Problem to work on » Return exactly the lines below, starting with the one that has "user_cancelled 13 running_run).0)" and going on through the one that has "user_cancelled 13 running_data).1".

═══ Data provided

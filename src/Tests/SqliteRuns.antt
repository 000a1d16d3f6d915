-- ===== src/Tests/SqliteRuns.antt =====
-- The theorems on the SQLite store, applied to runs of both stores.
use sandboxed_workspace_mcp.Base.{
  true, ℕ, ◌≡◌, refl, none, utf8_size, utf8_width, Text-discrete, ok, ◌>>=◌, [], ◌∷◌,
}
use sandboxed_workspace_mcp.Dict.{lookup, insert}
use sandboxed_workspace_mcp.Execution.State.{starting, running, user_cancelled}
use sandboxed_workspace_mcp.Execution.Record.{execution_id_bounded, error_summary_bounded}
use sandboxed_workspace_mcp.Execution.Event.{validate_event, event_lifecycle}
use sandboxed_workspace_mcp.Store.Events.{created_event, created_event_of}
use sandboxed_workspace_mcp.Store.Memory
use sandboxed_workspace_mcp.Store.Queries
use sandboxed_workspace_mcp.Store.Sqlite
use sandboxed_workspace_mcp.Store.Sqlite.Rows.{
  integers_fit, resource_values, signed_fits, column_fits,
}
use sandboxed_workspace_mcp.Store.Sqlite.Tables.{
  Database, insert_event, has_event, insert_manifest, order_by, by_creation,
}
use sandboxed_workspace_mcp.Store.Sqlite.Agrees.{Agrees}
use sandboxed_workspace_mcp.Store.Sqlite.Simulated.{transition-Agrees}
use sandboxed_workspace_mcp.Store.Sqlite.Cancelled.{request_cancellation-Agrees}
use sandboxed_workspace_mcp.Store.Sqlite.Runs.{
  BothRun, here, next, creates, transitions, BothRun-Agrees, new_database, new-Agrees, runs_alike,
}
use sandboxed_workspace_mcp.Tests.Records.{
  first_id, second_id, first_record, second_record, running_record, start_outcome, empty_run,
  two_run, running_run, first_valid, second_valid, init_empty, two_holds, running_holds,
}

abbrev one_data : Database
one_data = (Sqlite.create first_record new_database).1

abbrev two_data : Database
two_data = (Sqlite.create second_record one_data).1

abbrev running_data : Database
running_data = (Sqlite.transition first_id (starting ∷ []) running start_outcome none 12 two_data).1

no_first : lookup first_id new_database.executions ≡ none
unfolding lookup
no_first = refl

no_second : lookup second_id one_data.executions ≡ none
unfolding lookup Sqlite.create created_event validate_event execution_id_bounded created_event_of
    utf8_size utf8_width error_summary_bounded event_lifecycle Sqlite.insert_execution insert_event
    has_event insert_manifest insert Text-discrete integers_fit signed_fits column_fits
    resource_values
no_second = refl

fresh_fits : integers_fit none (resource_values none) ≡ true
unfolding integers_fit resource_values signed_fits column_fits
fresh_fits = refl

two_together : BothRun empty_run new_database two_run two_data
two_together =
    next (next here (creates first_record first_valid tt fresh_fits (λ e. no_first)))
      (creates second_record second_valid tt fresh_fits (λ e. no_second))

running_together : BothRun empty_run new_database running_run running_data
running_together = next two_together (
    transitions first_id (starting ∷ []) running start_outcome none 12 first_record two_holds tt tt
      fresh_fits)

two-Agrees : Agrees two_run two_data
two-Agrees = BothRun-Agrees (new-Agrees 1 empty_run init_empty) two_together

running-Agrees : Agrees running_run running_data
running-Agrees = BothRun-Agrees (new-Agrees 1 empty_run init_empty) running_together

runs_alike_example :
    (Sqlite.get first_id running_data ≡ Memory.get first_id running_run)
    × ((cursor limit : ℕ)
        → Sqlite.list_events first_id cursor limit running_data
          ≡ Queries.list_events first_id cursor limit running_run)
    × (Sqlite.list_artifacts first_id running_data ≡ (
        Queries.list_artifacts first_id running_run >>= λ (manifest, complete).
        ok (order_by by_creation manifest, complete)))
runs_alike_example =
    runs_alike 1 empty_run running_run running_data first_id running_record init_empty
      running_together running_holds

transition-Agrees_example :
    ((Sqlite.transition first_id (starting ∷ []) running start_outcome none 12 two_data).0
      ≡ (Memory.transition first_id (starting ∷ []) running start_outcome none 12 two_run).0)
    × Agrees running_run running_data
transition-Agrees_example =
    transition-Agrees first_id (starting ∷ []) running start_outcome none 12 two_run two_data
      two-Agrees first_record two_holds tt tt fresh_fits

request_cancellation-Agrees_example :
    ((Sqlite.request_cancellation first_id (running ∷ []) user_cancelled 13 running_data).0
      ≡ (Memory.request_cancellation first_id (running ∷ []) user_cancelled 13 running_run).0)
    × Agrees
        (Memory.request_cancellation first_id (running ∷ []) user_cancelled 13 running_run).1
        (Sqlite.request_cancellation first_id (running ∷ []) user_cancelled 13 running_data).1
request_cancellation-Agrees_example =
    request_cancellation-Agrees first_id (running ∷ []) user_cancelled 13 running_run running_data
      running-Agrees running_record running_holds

══════

Task answer »
      ≡ (Memory.request_cancellation first_id (running ∷ []) user_cancelled 13 running_run).0)
    × Agrees
        (Memory.request_cancellation first_id (running ∷ []) user_cancelled 13 running_run).1
        (Sqlite.request_cancellation first_id (running ∷ []) user_cancelled 13 running_data).1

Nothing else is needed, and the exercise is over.